- **TASK INSTRUCTIONS**: The entries below contain a stretch that opens with the line containing "unfoldable pub unlocks" and closes with the line containing "then modify_rs e"; set down that stretch exactly, both ends included, and nothing else.

Top of RECORD EXTRACTS

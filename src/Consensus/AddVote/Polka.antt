-- ===== src/Consensus/AddVote/Polka.antt =====
-- consensus/consensus_state.go, `addVote` and `defaultSetProposal`: what +2/3 of the prevotes change
-- in the lock and in the valid block.
use go_minimal_pbft.Prelude.{Bool, not, ◌&&◌, Option, none, some, ◌==◌, is_some, if◌then◌else◌}
use go_minimal_pbft.Prelude.Int.{ℤ, negsuc, ltb_ℤ, leb_ℤ, eqb_ℤ}
use go_minimal_pbft.Messages.{Hash, zero_hash}
use go_minimal_pbft.Interfaces.{Env}
use go_minimal_pbft.Consensus.Monad.{pure, ok, when, ◌>>◌}
use go_minimal_pbft.Consensus.State.{State, Action, modify_rs}

module _ (e : Env) where
  -- A polka of a later round, up to this one, for another block than the locked one.
  unfoldable pub unlocks : ℤ → Hash → State e → Bool
  unlocks vote_round block_id s =
      is_some s.locked_block
      && ltb_ℤ s.locked_round vote_round
      && leb_ℤ vote_round s.round
      && not (e.hash_to s.locked_block block_id)

  unfoldable pub unlock_on_polka : ℤ → Hash → Action e (Unit {0})
  unfolding unlocks
  unlock_on_polka vote_round block_id s =
      when (unlocks vote_round block_id s)
        (modify_rs e (λ r. record r { locked_round = negsuc 0; locked_block = none })) s

  unfoldable pub set_valid_block : Action e (Unit {0})
  set_valid_block =
      modify_rs e (λ r. record r { valid_round = r.round; valid_block = r.proposal_block })

  unfoldable pub update_valid_block : ℤ → Hash → Action e (Unit {0})
  update_valid_block vote_round block_id s =
      if not (block_id == zero_hash) && ltb_ℤ s.valid_round vote_round && eqb_ℤ vote_round s.round
      then if e.hash_to s.proposal_block block_id
        then modify_rs e
            (λ r. record r { valid_round = vote_round; valid_block = r.proposal_block }) s
        else modify_rs e (λ r. record r { proposal_block = none }) s
      else ok tt s

  unfoldable pub on_majority : ℤ → Option Hash → Action e (Unit {0})
  unfolding unlock_on_polka update_valid_block
  on_majority vote_round none = pure tt
  on_majority vote_round (some block_id) = do
    unlock_on_polka vote_round block_id
    update_valid_block vote_round block_id

  -- `prevotes` has +2/3 for a block or nil, in any round.
  unfoldable pub on_polka : ℤ → Option e.VoteSet → Action e (Unit {0})
  unfolding on_majority
  on_polka vote_round prevotes = on_majority vote_round (e.two_thirds_majority prevotes)
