-- ===== src/Consensus/AddVote.antt =====
-- consensus/consensus_state.go: `addVote`, by the type of the vote, and `tryAddVote`.
pub mod Polka
use go_minimal_pbft.Prelude.{
  ℕ, ◌+◌, Bool, true, false, not, ◌||◌, ◌&&◌, Option, none, some, ltb, leb, ◌==◌, u64,
  if◌then◌else◌,
}
use go_minimal_pbft.Prelude.Int.{ℤ, pos, negsuc, ◌+ℤ◌, ltb_ℤ, leb_ℤ, eqb_ℤ, wrap_int32}
use go_minimal_pbft.RoundStep
use go_minimal_pbft.Messages.{
  Proposal, Hash, zero_hash, Bytes, SignedMsgType, prevote_type, precommit_type, is_precommit, Vote,
  VoteError, conflicting_votes, non_deterministic_signature, invalid_vote, Proposal, Error,
  vote_error, invalid_proposal_signature, invalid_proposal_pol_round, adding_vote,
  pub_key_is_not_set, TimeoutInfo, nil_pointer, library_panic, unexpected_vote_type,
  invalid_timeout_step,
}
use go_minimal_pbft.Interfaces.{Env}
use go_minimal_pbft.Consensus.Monad.{ok, get, pure, throw, or_panic, when, ◌>>=◌, ◌>>◌}
use go_minimal_pbft.Consensus.State.{
  Message, proposal_message, vote_message, sync_request, MsgInfo, RoundState, State, Action,
  modify_rs, broadcast_message_to_peers, is_proposal_complete,
}
use go_minimal_pbft.Consensus.Prevote.{enter_prevote, enter_prevote_wait}
use go_minimal_pbft.Consensus.Precommit.{enter_precommit, enter_precommit_wait}
use go_minimal_pbft.Consensus.Propose.{enter_propose, enter_new_round}
use go_minimal_pbft.Consensus.Commit.{try_finalize_commit, enter_commit}
use Polka.{on_polka}

module _ (e : Env) where
  -- +2/3 of the prevotes are for nil, or for a block whose proposal is complete.
  abbrev pub is_decided : Option Hash → State e → Bool
  is_decided none s = false
  is_decided (some block_id) s = is_proposal_complete e s || block_id == zero_hash

  -- A prevote of the current round, once the node has prevoted.
  unfoldable pub after_own_prevote : ℕ → ℤ → Option e.VoteSet → Action e (Unit {0})
  after_own_prevote height vote_round prevotes s =
      if is_decided (e.two_thirds_majority prevotes) s
      then enter_precommit e height vote_round s
      else when (e.has_two_thirds_any prevotes) (enter_prevote_wait e height vote_round) s

  -- The proposal waits for the prevotes of this round, and is complete now.
  abbrev pub completes : ℤ → Option (Proposal e.Block) → State e → Bool
  completes vote_round none s = false
  completes vote_round (some p) s =
      leb_ℤ (pos 0) p.pol_round && eqb_ℤ p.pol_round vote_round && is_proposal_complete e s

  abbrev pub enter_prevote_here : ℕ → Action e (Unit {0})
  enter_prevote_here height s = enter_prevote e height s.round s

  -- The prevote branch below the update for a polka.
  unfoldable pub after_prevote : ℕ → ℤ → Option e.VoteSet → Action e (Unit {0})
  unfolding after_own_prevote
  after_prevote height vote_round prevotes s =
      if ltb_ℤ s.round vote_round && e.has_two_thirds_any prevotes
      then enter_new_round e height vote_round s
      else if eqb_ℤ s.round vote_round && leb RoundStep.prevote s.step
      then after_own_prevote height vote_round prevotes s
      else when (completes vote_round s.proposal s) (enter_prevote_here height) s

  unfoldable pub add_prevote : ℕ → ℤ → Action e (Unit {0})
  unfolding after_prevote
  add_prevote height vote_round s =
      let prevotes = e.prevotes s.votes vote_round in
      (do on_polka e vote_round prevotes; after_prevote height vote_round prevotes) s

  unfoldable pub skip_ahead : Action e (Unit {0})
  skip_ahead s = enter_new_round e s.height (pos 0) s

  unfoldable pub finish_precommit : ℕ → ℤ → Option e.VoteSet → Hash → Action e (Unit {0})
  unfolding skip_ahead
  finish_precommit height vote_round precommits block_id =
      if block_id == zero_hash then enter_precommit_wait e height vote_round else (do
        enter_commit e height vote_round
        when (e.skip_timeout_commit && e.has_all precommits) skip_ahead)

  -- +2/3 precommitted for `block_id`.
  unfoldable pub on_precommit_majority : ℕ → ℤ → Option e.VoteSet → Hash → Action e (Unit {0})
  on_precommit_majority height vote_round precommits block_id = do
    enter_new_round e height vote_round
    enter_precommit e height vote_round
    finish_precommit height vote_round precommits block_id

  -- By the hash that +2/3 precommitted for, if there is one.
  unfoldable pub on_precommits : ℕ → ℤ → Option e.VoteSet → Option Hash → Action e (Unit {0})
  unfolding on_precommit_majority
  on_precommits height vote_round precommits (some block_id) s =
      on_precommit_majority height vote_round precommits block_id s
  on_precommits height vote_round precommits none s =
      when (leb_ℤ s.round vote_round && e.has_two_thirds_any precommits)
        (do enter_new_round e height vote_round; enter_precommit_wait e height vote_round) s

  unfoldable pub add_precommit : ℕ → ℤ → Action e (Unit {0})
  unfolding on_precommits
  add_precommit height vote_round s =
      let precommits = e.precommits s.votes vote_round in
      on_precommits height vote_round precommits (e.two_thirds_majority precommits) s

  -- The `switch` on the type of a vote that was added.
  unfoldable pub on_vote : ℕ → SignedMsgType → ℤ → Action e (Unit {0})
  unfolding add_prevote add_precommit
  on_vote height prevote_type vote_round = add_prevote height vote_round
  on_vote height precommit_type vote_round = add_precommit height vote_round
  on_vote height _ vote_round = throw unexpected_vote_type

  unfoldable pub skip_commit_timeout : Action e (Unit {0})
  skip_commit_timeout s =
      when (e.skip_timeout_commit && e.has_all s.last_commit) (enter_new_round e s.height (pos 0)) s

  -- What `VoteSet.AddVote` returned for a late precommit.
  unfoldable pub late_added :
      Bool × Option VoteError × Option e.VoteSet → Action e (Bool × Option VoteError)
  unfolding skip_commit_timeout
  late_added (added, err, last) = do
    modify_rs e (λ r. record r { last_commit = last })
    when added skip_commit_timeout
    pure (added, err)

  -- A precommit for the height before, which may still come in while the commit timeout runs.
  unfoldable pub add_late_precommit : Vote → Action e (Bool × Option VoteError)
  unfolding late_added
  add_late_precommit vote s =
      if not (s.step == RoundStep.new_height)
      then ok (false, none) s
      else (or_panic library_panic (e.vote_set_add_vote s.last_commit vote) >>= late_added) s

  -- What `HeightVoteSet.AddVote` returned.
  unfoldable pub vote_added :
      ℕ
      → Vote
      → Bool × Option VoteError × Option e.HeightVoteSet
      → Action e (Bool × Option VoteError)
  unfolding on_vote
  vote_added height vote (added, err, votes) = do
    modify_rs e (λ r. record r { votes = votes })
    when added (on_vote height vote.msg_type vote.round)
    pure (added, err)

  unfoldable pub add_vote : Vote → Bytes → Action e (Bool × Option VoteError)
  unfolding add_late_precommit vote_added
  add_vote vote peer_id s =
      if u64 (vote.height + 1) == s.height && is_precommit vote.msg_type
      then add_late_precommit vote s
      else if not (vote.height == s.height)
      then ok (false, none) s
      else (or_panic library_panic (e.add_vote s.votes vote peer_id) >>= vote_added s.height vote) s

  -- The errors that `tryAddVote` passes on.
  unfoldable pub vote_result : Option e.PubKey → Bool × Option VoteError → Bool × Option Error
  vote_result key (added, none) = (added, none)
  vote_result none (added, some conflicting_votes) = (false, some pub_key_is_not_set)
  vote_result (some key) (added, some conflicting_votes) =
      (added, some (vote_error conflicting_votes))
  vote_result key (added, some non_deterministic_signature) = (added, none)
  vote_result key (added, some invalid_vote) = (added, some adding_vote)

  abbrev pub pass_on : Bool × Option VoteError → Action e (Bool × Option Error)
  unfolding vote_result
  pass_on result s = ok (vote_result s.priv_validator_pub_key result) s

  unfoldable pub try_add_vote : Vote → Bytes → Action e (Bool × Option Error)
  unfolding add_vote vote_result
  try_add_vote vote peer_id = do result ← add_vote vote peer_id; pass_on result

Bottom of RECORD EXTRACTS

- **EXERCISE RESULT**:
  unfoldable pub unlocks : ℤ → Hash → State e → Bool
  unlocks vote_round block_id s =
      is_some s.locked_block
      && ltb_ℤ s.locked_round vote_round
      && leb_ℤ vote_round s.round
      && not (e.hash_to s.locked_block block_id)

  unfoldable pub unlock_on_polka : ℤ → Hash → Action e (Unit {0})
  unfolding unlocks
  unlock_on_polka vote_round block_id s =
      when (unlocks vote_round block_id s)
        (modify_rs e (λ r. record r { locked_round = negsuc 0; locked_block = none })) s

  unfoldable pub set_valid_block : Action e (Unit {0})
  set_valid_block =
      modify_rs e (λ r. record r { valid_round = r.round; valid_block = r.proposal_block })

  unfoldable pub update_valid_block : ℤ → Hash → Action e (Unit {0})
  update_valid_block vote_round block_id s =
      if not (block_id == zero_hash) && ltb_ℤ s.valid_round vote_round && eqb_ℤ vote_round s.round
      then if e.hash_to s.proposal_block block_id
        then modify_rs e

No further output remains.